In 2005, the U.S. savings rate hit its lowest level since 1933 and entered negative territory. In other words, we weren't saving much. We weren't in a recession at the time, so the pullback wasn't reflecting desperation but instead, perhaps, overconfidence and overspending.

Times have changed, though, and the savings rate has been rising -- it recently approached a much healthier 7%. Some economic thinkers are suggesting that Americans need to save even more. And why is that? Well, once we have socked more and more money into our bank accounts, those banks will have more money to lend out, and that will help lubricate the machinery of our economy. Businesses and people will have an easier time borrowing, and growth will be easier. That, in turn, should boost consumption and help lift us out of our recession.

Another view
That's well and good, but I think that you and I might do better to focus on another reason to save more: Because we need to, to provide for ourselves and our families. Forget about economic theory and how our savings account can reverse a recession.

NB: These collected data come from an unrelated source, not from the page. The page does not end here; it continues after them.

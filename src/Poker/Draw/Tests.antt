-- ===== src/Poker/Draw/Tests.antt =====
-- A stock of one hand, a rand() that counts, and the theorems of the draw applied to them.
use white_board_server.Prelude.{ℕ, ◌+◌, ◌-◌, ◌%◌, ◌≡◌, refl, false, some, List, [], ◌∷◌, arith}
use white_board_server.Prelude.Int.{ℤ}
use white_board_server.Containers.Ord.{nat_ord}
use white_board_server.Containers.Map.{find, put}
use white_board_server.Poker.Group.{GroupPoker, reset_group, has_same_poker}
use white_board_server.Poker.Card.{change_jqk}
use white_board_server.Poker.Cow.Kinds.{any_four, any_ten, three_sums, two_sums}
use white_board_server.Poker.Cow.{find_cow, niu_type}
use white_board_server.Poker.Gen.{PokerSet, PokerGen, get_poker_group_count}
use white_board_server.Poker.Tests.{by_insertion}
use white_board_server.Poker.Draw.{confuse, diamonds, get_assign_group_poker, init_gen}
use white_board_server.Poker.Draw.Colours.{IsFair}
use white_board_server.Poker.Draw.Confusing.{Confused, confuse-Confused}
use white_board_server.Poker.Draw.Stock.{Stocked, put-Stocked, init_gen-Stocked}
use white_board_server.Poker.Draw.Drawn.{get_assign_group_poker-drawn}

abbrev count : ℕ → ℕ
count k = k

count-IsFair : IsFair 4 count
unfolding IsFair
count-IsFair k c small = ((c + 4 - k % 4) % 4, omega arith, omega (arith, small))

abbrev tens : GroupPoker
tens = record (diamonds 10 10 11 11 12) { dn_type = 10 }

confuse-Confused_example :
    (g : GroupPoker) × (k : ℕ) × (confuse count 20 7 tens ≡ some (g, k)) × Confused tens g
unfolding reset_group
confuse-Confused_example =
    confuse-Confused count 4 20 7 tens count-IsFair refl
      (omega arith, (omega arith, (omega arith, (omega arith, (omega arith, tt))))) (omega arith)

abbrev bare : PokerGen
bare = record { poker_maps = []; configs = []; use_rand_poker = 0 }

bare-Stocked : Stocked bare
unfolding Stocked find
bare-Stocked kind s e = absurd (ground (arith, e))

abbrev of_tens : PokerSet
of_tens = record { card_type = 10; group_pokers = tens ∷ [] }

abbrev stocked : PokerGen
stocked = record bare { poker_maps = put 10 of_tens bare.poker_maps }

stocked-Stocked : Stocked stocked
unfolding reset_group niu_type any_four any_ten three_sums two_sums change_jqk
stocked-Stocked =
    put-Stocked 10 of_tens bare
      (
        (
          refl,
          (omega arith, (omega arith, (omega arith, (omega arith, (omega arith, tt))))),
          refl,
          refl,
        ),
        tt,
      )
      bare-Stocked

init_gen-Stocked_example : (gen : PokerGen) × (init_gen bare ≡ some gen) × Stocked gen
init_gen-Stocked_example = init_gen-Stocked bare bare-Stocked

get_assign_group_poker-drawn_example :
    (g : GroupPoker) × (gen : PokerGen) × (k : ℕ) × (get_assign_group_poker count 20 7 10 stocked
      ≡ some (some g, gen, k))
    × ((niu other : List ℤ) → (find_cow g.poker niu other).0 ≡ 10)
    × (has_same_poker g ≡ false)
    × Stocked gen
unfolding find put get_poker_group_count
get_assign_group_poker-drawn_example =
    get_assign_group_poker-drawn count 4 20 7 10 count-IsFair (omega arith) stocked of_tens
      stocked-Stocked refl (omega arith)
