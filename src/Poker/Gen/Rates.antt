-- ===== src/Poker/Gen/Rates.antt =====
-- Where the stock keeps hands, and the range of the number that is drawn.
use native.Mathlib.Nat.{mod-lt}
use white_board_server.Prelude.{
  ℕ, ◌+◌, ◌-◌, ◌%◌, ◌≡◌, ◌≤◌, ◌<◌, ◌⊎◌, refl, true, false, none, some, List, [], ◌∷◌, ◌++◌, arith,
  ◌==◌, if◌then◌else◌, All, Bool-cases, Option-cases, inl, inr, get_elem?, zero, suc,
}
use white_board_server.Containers.Ord.{nat_ord}
use white_board_server.Containers.Map.{find, put, find-put}
use white_board_server.Poker.Group.{GroupPoker}
use white_board_server.Poker.Gen.{
  PokerTypeRateConfig, PokerSet, PokerGen, add_group_poker, add_to_set, type_of_rate, is_in_rate,
  get_config_by_poker_type, rate_between, rate_of_range,
}

-- The hands that the stock has of a type.
abbrev pub groups_of : ℕ → PokerGen → List GroupPoker
groups_of kind gen = elim (find kind gen.poker_maps) [ none ↦ [] | some s ↦ s.group_pokers ]

-- A hand of a type that exists is added at the end of the hands of its type, and no other type's
-- hands change.
pub add_group_poker-groups_of :
    (g : GroupPoker) (gen : PokerGen) (kind : ℕ)
    → g.dn_type < 14
    → (gen' : PokerGen) × (add_group_poker g gen ≡ some gen')
      × (groups_of kind gen'
          ≡ (if g.dn_type == kind then groups_of kind gen ++ g ∷ [] else groups_of kind gen))
unfolding add_group_poker add_to_set
add_group_poker-groups_of g gen kind h =
    let set_now : PokerSet = elim (find g.dn_type gen.poker_maps) [
      | none ↦ record { card_type = g.dn_type; group_pokers = [] }
      | some s ↦ s
    ] in
    (
      record gen { poker_maps = put g.dn_type (add_to_set set_now g) gen.poker_maps },
      ground (arith, h),
      elim (Bool-cases (g.dn_type == kind)) [
        | inr apart ↦
            ground (arith, apart, find-put g.dn_type kind (add_to_set set_now g) gen.poker_maps)
        | inl same ↦ elim (Option-cases (find g.dn_type gen.poker_maps)) [
          | inl e ↦
              ground (arith, same, e, find-put g.dn_type kind (add_to_set set_now g) gen.poker_maps)
          | inr (s, e) ↦
              ground (arith, same, e, find-put g.dn_type kind (add_to_set set_now g) gen.poker_maps)
        ]
      ],
    )

-- For every number, the type that is chosen is that of a configured range that has the number, or
-- it is 0 and no configured range has the number.
pub type_of_rate-cases :
    (configs : List PokerTypeRateConfig) (n : ℕ)
    → ((i : ℕ) × (config : PokerTypeRateConfig) × (get_elem? configs i ≡ some config)
        × (is_in_rate config n ≡ true)
        × (type_of_rate configs n ≡ config.dn_poker_type))
      ⊎ ((type_of_rate configs n ≡ 0) × All (λ config. is_in_rate config n ≡ false) configs)
unfolding type_of_rate
type_of_rate-cases [] n = inr (refl, tt)
type_of_rate-cases (config ∷ rest) n = elim (Bool-cases (is_in_rate config n)) [
  | inl here ↦ inl (0, config, refl, here, ground (arith, here))
  | inr out ↦ elim (type_of_rate-cases rest n) [
    | inl (i, chosen, at_i, inn, e) ↦ inl (suc i, chosen, at_i, inn, ground (arith, out, e))
    | inr (e, none_has) ↦ inr (ground (arith, out, e), (out, none_has))
  ]
]

-- The number that is drawn for a range of types lies between the begin of the first type's range
-- and the end of the last type's.
pub rate_of_range-between :
    (gen : PokerGen) (begin_type end_type r n : ℕ) (p q : PokerTypeRateConfig)
    → get_config_by_poker_type gen begin_type ≡ some p
    → get_config_by_poker_type gen end_type ≡ some q
    → rate_of_range gen begin_type end_type r ≡ some (some n)
    → (p.begin_rate ≤ n) × (n < q.end_rate)
unfolding rate_of_range rate_between
rate_of_range-between gen begin_type end_type r n p q hp hq h =
    by_width (q.end_rate - p.begin_rate) refl
  where
    by_width :
        (width : ℕ) → q.end_rate - p.begin_rate ≡ width → (p.begin_rate ≤ n) × (n < q.end_rate)
    by_width zero e = absurd (ground (arith, hp, hq, h, e))
    by_width (suc width) e =
        let drawn : n ≡ p.begin_rate + r % (q.end_rate - p.begin_rate) =
          ground (arith, hp, hq, h, e) in
        let small : r % suc width < suc width = mod-lt r (omega arith) in
        let drawn' : n ≡ p.begin_rate + r % suc width = rw e at drawn in
        (omega (arith, drawn'), omega (arith, drawn', small, e))
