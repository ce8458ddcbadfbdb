-- ===== src/Resolver.antt =====
-- The order in which services start: class DependencyResolver (framework/server/dependencyResolver.cpp).
pub mod Waiting
pub mod Sorting
pub mod Order
pub mod Fresh
pub mod Tests
use white_board_server.Prelude.{
  ℕ, ◌+◌, Bool, true, false, not, ◌&&◌, Option, none, some, List, [], ◌∷◌, ◌++◌, leb, map, zero,
  suc, if◌then◌else◌, length, drop,
}
use white_board_server.Prelude.Int.{ℤ, pos, negsuc, minus_one}
use white_board_server.Containers.Ord.{Bytes, bytes_eq, bytes_ord}
use white_board_server.Containers.Map.{Map, find}
use white_board_server.Containers.Set.{contains}

-- What the resolver asks of a Service: GetDependentServices and IsRunning.
pub record Service : Type 0 where
  pub dependent_services : List Bytes
  pub is_running : Bool

-- The entries of indexMapName, vecDependency and out at one index.
pub record Row : Type 0 where
  pub name : Bytes
  pub dependency : List Bytes
  pub out : ℤ

-- graph[i][j], with the name of j; the names of two indices differ, as they are keys of a map.
pub has_edge : Row → Bytes → Bool
has_edge r j = not (bytes_eq r.name j) && contains j r.dependency

pub count_edges : Row → List Bytes → ℕ
unfolding has_edge
count_edges r [] = 0
count_edges r (j ∷ rest) = (if has_edge r j then 1 else 0) + count_edges r rest

abbrev pub names : List Row → List Bytes
names [] = []
names (r ∷ rest) = r.name ∷ names rest

abbrev pub new_rows : Map Bytes Service → List Row
new_rows [] = []
new_rows ((key, s) ∷ rest) =
    record { name = key; dependency = s.dependent_services; out = pos 0 } ∷ new_rows rest

-- The rows with the numbers of their edges.
pub count_out : List Row → List Row
unfolding count_edges
count_out rows = map (λ (r : Row). record r { out = pos (count_edges r (names rows)) }) rows

is_free : ℤ → Bool
is_free (pos zero) = true
is_free (pos (suc n)) = false
is_free (negsuc n) = false

-- The first index with out[j] == 0.
pub first_free : List Row → Option Row
unfolding is_free
first_free [] = none
first_free (r ∷ rest) = elim (is_free r.out) [ true ↦ some r | false ↦ first_free rest ]

less_one : ℤ → ℤ
less_one (pos zero) = negsuc 0
less_one (pos (suc n)) = pos n
less_one (negsuc n) = negsuc (n + 1)

-- out[j] = -1, and --out[k] where k has an edge to j.
pub release : Bytes → Row → Row
unfolding less_one has_edge
release j k =
    if bytes_eq k.name j
    then record k { out = minus_one }
    else if has_edge k j
    then record k { out = less_one k.out }
    else k

pub sort_rounds : ℕ → List Row → List Bytes → Bool × List Bytes
unfolding first_free release
sort_rounds zero rows orders = (true, orders)
sort_rounds (suc n) rows orders = elim (first_free rows) [
  | none ↦ (false, orders)
  | some j ↦ sort_rounds n (map (release j.name) rows) (orders ++ j.name ∷ [])
]

abbrev pub max_service_count : ℕ
max_service_count = 256

-- TopSort: whether it found an order, and orders_; `none` is a write outside graph and out.
pub top_sort : Map Bytes Service → List Bytes → Option (Bool × List Bytes)
unfolding count_out sort_rounds
top_sort services orders =
    let rows = count_out (new_rows services) in
    if leb (length services) max_service_count
    then some (sort_rounds (length services) rows orders)
    else none

-- GetNewServices
unfoldable pub get_new_services : Map Bytes Service → List Bytes → Map Bytes Service
get_new_services [] orders = []
get_new_services ((key, s) ∷ rest) orders =
    let later = get_new_services rest orders in
    if contains key orders then later else (key, s) ∷ later

unfoldable pub lacking : List Bytes → Map Bytes Service → List Bytes
lacking [] services = []
lacking (d ∷ rest) services = elim (find d services) [
  | none ↦ d ∷ lacking rest services
  | some _ ↦ lacking rest services
]

unfoldable pub lacking_of : Map Bytes Service → Map Bytes Service → List Bytes
unfolding lacking
lacking_of [] services = []
lacking_of ((key, s) ∷ rest) services =
    lacking s.dependent_services services ++ lacking_of rest services

-- GetLackServices
unfoldable pub get_lack_services : Map Bytes Service → List Bytes → List Bytes
unfolding lacking_of get_new_services
get_lack_services services orders = lacking_of (get_new_services services orders) services

-- LoadInitSort: the names that it added, or none of them, and orders_. Its int16_t offset is taken to
-- hold the length of orders_.
unfoldable pub load_init_sort : Map Bytes Service → List Bytes → Option (List Bytes × List Bytes)
unfolding top_sort get_new_services
load_init_sort services orders = elim (top_sort (get_new_services services orders) orders) [
  | none ↦ none
  | some (true, orders') ↦ some (drop (length orders) orders', orders')
  | some (false, orders') ↦ some ([], orders')
]

-- GetSort for STARTSORT: the names from the first service that does not run; `none` is a call
-- through a null pointer.
unfoldable pub sort_to_start : Map Bytes Service → List Bytes → Option (List Bytes)
sort_to_start services [] = some []
sort_to_start services (n ∷ rest) = elim (find n services) [
  | none ↦ none
  | some s ↦ elim s.is_running [ true ↦ sort_to_start services rest | false ↦ some (n ∷ rest) ]
]

-- GetSort for STOPSORT
unfoldable pub sort_to_stop : List Bytes → List Bytes
sort_to_stop orders = orders
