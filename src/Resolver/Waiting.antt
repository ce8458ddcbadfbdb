-- ===== src/Resolver/Waiting.antt =====
-- What the numbers of TopSort count, while it releases the services that it has placed.
use white_board_server.Prelude.{
  ℕ, ◌+◌, ◌≡◌, refl, Bool, true, false, not, ◌&&◌, ◌||◌, List, [], ◌∷◌, ◌++◌, map, zero, suc, arith,
  Bool-cases, inl, inr, if◌then◌else◌, sym, subst,
}
use white_board_server.Prelude.Int.{ℤ, pos, negsuc, minus_one}
use white_board_server.Containers.Ord.{Bytes, bytes_eq, bytes_ord, bytes-IsLawful, eq_refl}
use white_board_server.Containers.Set.{contains}
use white_board_server.Resolver.{Row, has_edge, names, less_one, release}

-- How many names a service still waits for: those it depends on that are not done.
unfoldable pub waiting : List Bytes → Row → List Bytes → ℕ
waiting done r [] = 0
waiting done r (n ∷ rest) =
    (if has_edge r n && not (contains n done) then 1 else 0) + waiting done r rest

pub contains-snoc :
    (n j : Bytes) (done : List Bytes)
    → contains n (done ++ j ∷ []) ≡ (contains n done || bytes_eq j n)
unfolding contains
contains-snoc n j [] = ground arith
contains-snoc n j (i ∷ done) = ground (arith, contains-snoc n j done)

waiting_absent :
    (done : List Bytes) (r : Row) (j : Bytes) (all : List Bytes)
    → contains j all ≡ false
    → waiting (done ++ j ∷ []) r all ≡ waiting done r all
unfolding waiting contains
waiting_absent done r j [] h = refl
waiting_absent done r j (n ∷ rest) h = ground (
  arith,
  h,
  contains-snoc n j done,
  bytes-IsLawful.eq_iff n j,
  bytes-IsLawful.eq_iff j n,
  waiting_absent done r j rest,
)

unfoldable pub IsDistinct : List Bytes → Type 0
IsDistinct [] = Unit
IsDistinct (n ∷ rest) = (contains n rest ≡ false) × IsDistinct rest

waiting_done :
    (done : List Bytes) (r : Row) (j : Bytes) (all : List Bytes)
    → IsDistinct all
    → contains j all ≡ true
    → contains j done ≡ false
    → (if has_edge r j then 1 else 0) + waiting (done ++ j ∷ []) r all ≡ waiting done r all
unfolding waiting contains IsDistinct
waiting_done done r j [] d h k = ground (arith, h)
waiting_done done r j (n ∷ rest) d h k = elim (Bool-cases (bytes_eq n j)) [
  | inl same ↦
      let e = (bytes-IsLawful.eq_iff n j).0 same in
      let away : contains j rest ≡ false = subst (λ i. contains i rest ≡ false) e d.0 in
      rw (e, contains-snoc j j done, k, eq_refl j, waiting_absent done r j rest away)
        (ground (arith))
  | inr apart ↦
      let back = bytes-IsLawful.eq_iff j n in
      ground (
        arith,
        apart,
        back,
        bytes-IsLawful.eq_iff n j,
        contains-snoc n j done,
        waiting_done done r j rest d.1 (ground (arith, h, apart)) k,
      )
]

-- What the number of a row says: how many names it waits for, or that it is done.
unfoldable pub FitsAt : ℤ → ℕ → Bool → Type 0
FitsAt (pos n) w done = (n ≡ w) × (done ≡ false)
FitsAt (negsuc n) w done = (w ≡ 0) × (done ≡ true)

unfoldable pub Fits : List Bytes → List Bytes → Row → Type 0
unfolding FitsAt
Fits done all r = FitsAt r.out (waiting done r all) (contains r.name done)

less_one-FitsAt :
    (z : ℤ) (w w' : ℕ) (done edge : Bool)
    → (if edge then 1 else 0) + w' ≡ w
    → FitsAt z w done
    → FitsAt (if edge then less_one z else z) w' done
unfolding FitsAt less_one
less_one-FitsAt (pos zero) w w' done true h (e, d) = absurd (omega (arith, h, e))
less_one-FitsAt (pos (suc n)) w w' done true h (e, d) = (omega (arith, h, e), d)
less_one-FitsAt (negsuc n) w w' done true h (e, d) = absurd (omega (arith, h, e))
less_one-FitsAt (pos n) w w' done false h (e, d) = (omega (arith, h, e), d)
less_one-FitsAt (negsuc n) w w' done false h (e, d) = (omega (arith, h, e), d)

pub release-name : (j : Bytes) (r : Row) → (release j r).name ≡ r.name
unfolding release
release-name j r = ground arith

release-out :
    (j : Bytes) (r : Row)
    → (release j r).out
      ≡ (if bytes_eq r.name j then minus_one else if has_edge r j then less_one r.out else r.out)
unfolding release
release-out j r = ground arith

has_edge_self : (j : Bytes) (r : Row) → bytes_eq r.name j ≡ true → has_edge r j ≡ false
unfolding has_edge
has_edge_self j r h = ground (arith, h)

pub release-waiting :
    (done : List Bytes) (j : Bytes) (r : Row) (all : List Bytes)
    → waiting done (release j r) all ≡ waiting done r all
unfolding waiting release has_edge
release-waiting done j r [] = refl
release-waiting done j r (n ∷ rest) = ground (arith, release-waiting done j r rest)

pub release-Fits :
    (done : List Bytes) (all : List Bytes) (j : Bytes) (r : Row)
    → IsDistinct all
    → contains j all ≡ true
    → contains j done ≡ false
    → (bytes_eq r.name j ≡ true → waiting done r all ≡ 0)
    → Fits done all r
    → Fits (done ++ j ∷ []) all (release j r)
unfolding Fits FitsAt
release-Fits done all j r d h k free fits =
    let step = waiting_done done r j all d h k in
    let snoc = contains-snoc r.name j done in
    elim (Bool-cases (bytes_eq r.name j)) [
      | inl same ↦
          let back =
            (bytes-IsLawful.eq_iff j r.name).1 (sym ((bytes-IsLawful.eq_iff r.name j).0 same)) in
          rw (release-waiting, release-name, release-out, same)
            (ground (arith, step, free same, has_edge_self j r same), ground (arith, snoc, back))
      | inr apart ↦
          let back : bytes_eq j r.name ≡ false =
            ground (arith, apart, bytes-IsLawful.eq_iff j r.name, bytes-IsLawful.eq_iff r.name j) in
          let still : contains r.name (done ++ j ∷ []) ≡ contains r.name done =
            ground (arith, snoc, back) in
          rw (release-waiting, release-name, release-out, apart, still)
            (less_one-FitsAt r.out (waiting done r all) (waiting (done ++ j ∷ []) r all)
              (contains r.name done) (has_edge r j) step fits)
    ]

pub names-release : (j : Bytes) (rows : List Row) → names (map (release j) rows) ≡ names rows
names-release j [] = refl
names-release j (r ∷ rest) = rw (release-name, names-release j rest) refl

Instead, remember that most of us will be relying on ourselves to save our own retirements.

If you're thinking that your socking away $5,000 per year for 25 years will be enough to provide for your retirement, think again. Even with 10% returns, that would grow to only about $540,000. If you average just 8% growth, it will total almost $400,000. Trying to live on somewhere between $16,000 and $22,000 per year is probably a stretch for most people.

So don't just save to help the overall economy. Take seriously your need to save more and invest more for yourself, and to aim for solid returns. If the economists are right, you'll help the economy, too.

How to get there
Some top-notch mutual funds have admirable long-term records, such as Janus Overseas (JAOSX), with a five-year average of 14% and top holdings that recently included Research In Motion, Corning (NYSE:GLW), and PotashCorp (NYSE:POT).

Or find some outstanding individual stocks. Here are some companies with solid records that sport four- or five-star ratings in our Motley Fool CAPS community of investors, for further research.

Company

10-Year Average

Precision Castparts (NYSE:PCP)

21.1%

Novo Nordisk (NYSE:NVO)

19.7%

Agrium (NYSE:AGU)

16.5%

China Mobil (NYSE:CHL)

12.9%

Flowserve (NYSE:FLS)

13.2%

Data: Motley Fool CAPS, Yahoo! Finance.

No matter which direction you go, saving more and investing better is the best path to prosperity. The sooner you start, the better off you'll be in the long run.

Learn more:

Get great saving tips from our Rule Your Retirement newsletter service. Getting a free 30-day trial is as easy as a click.

Longtime Fool contributor Selena Maranjian owns no shares of any companies mentioned in this article. Precision Castparts is a Motley Fool Stock Advisor selection. Novo Nordisk is a Motley Fool Global Gains selection. Try our investing newsletter services free for 30 days. The Motley Fool is Fools writing for Fools.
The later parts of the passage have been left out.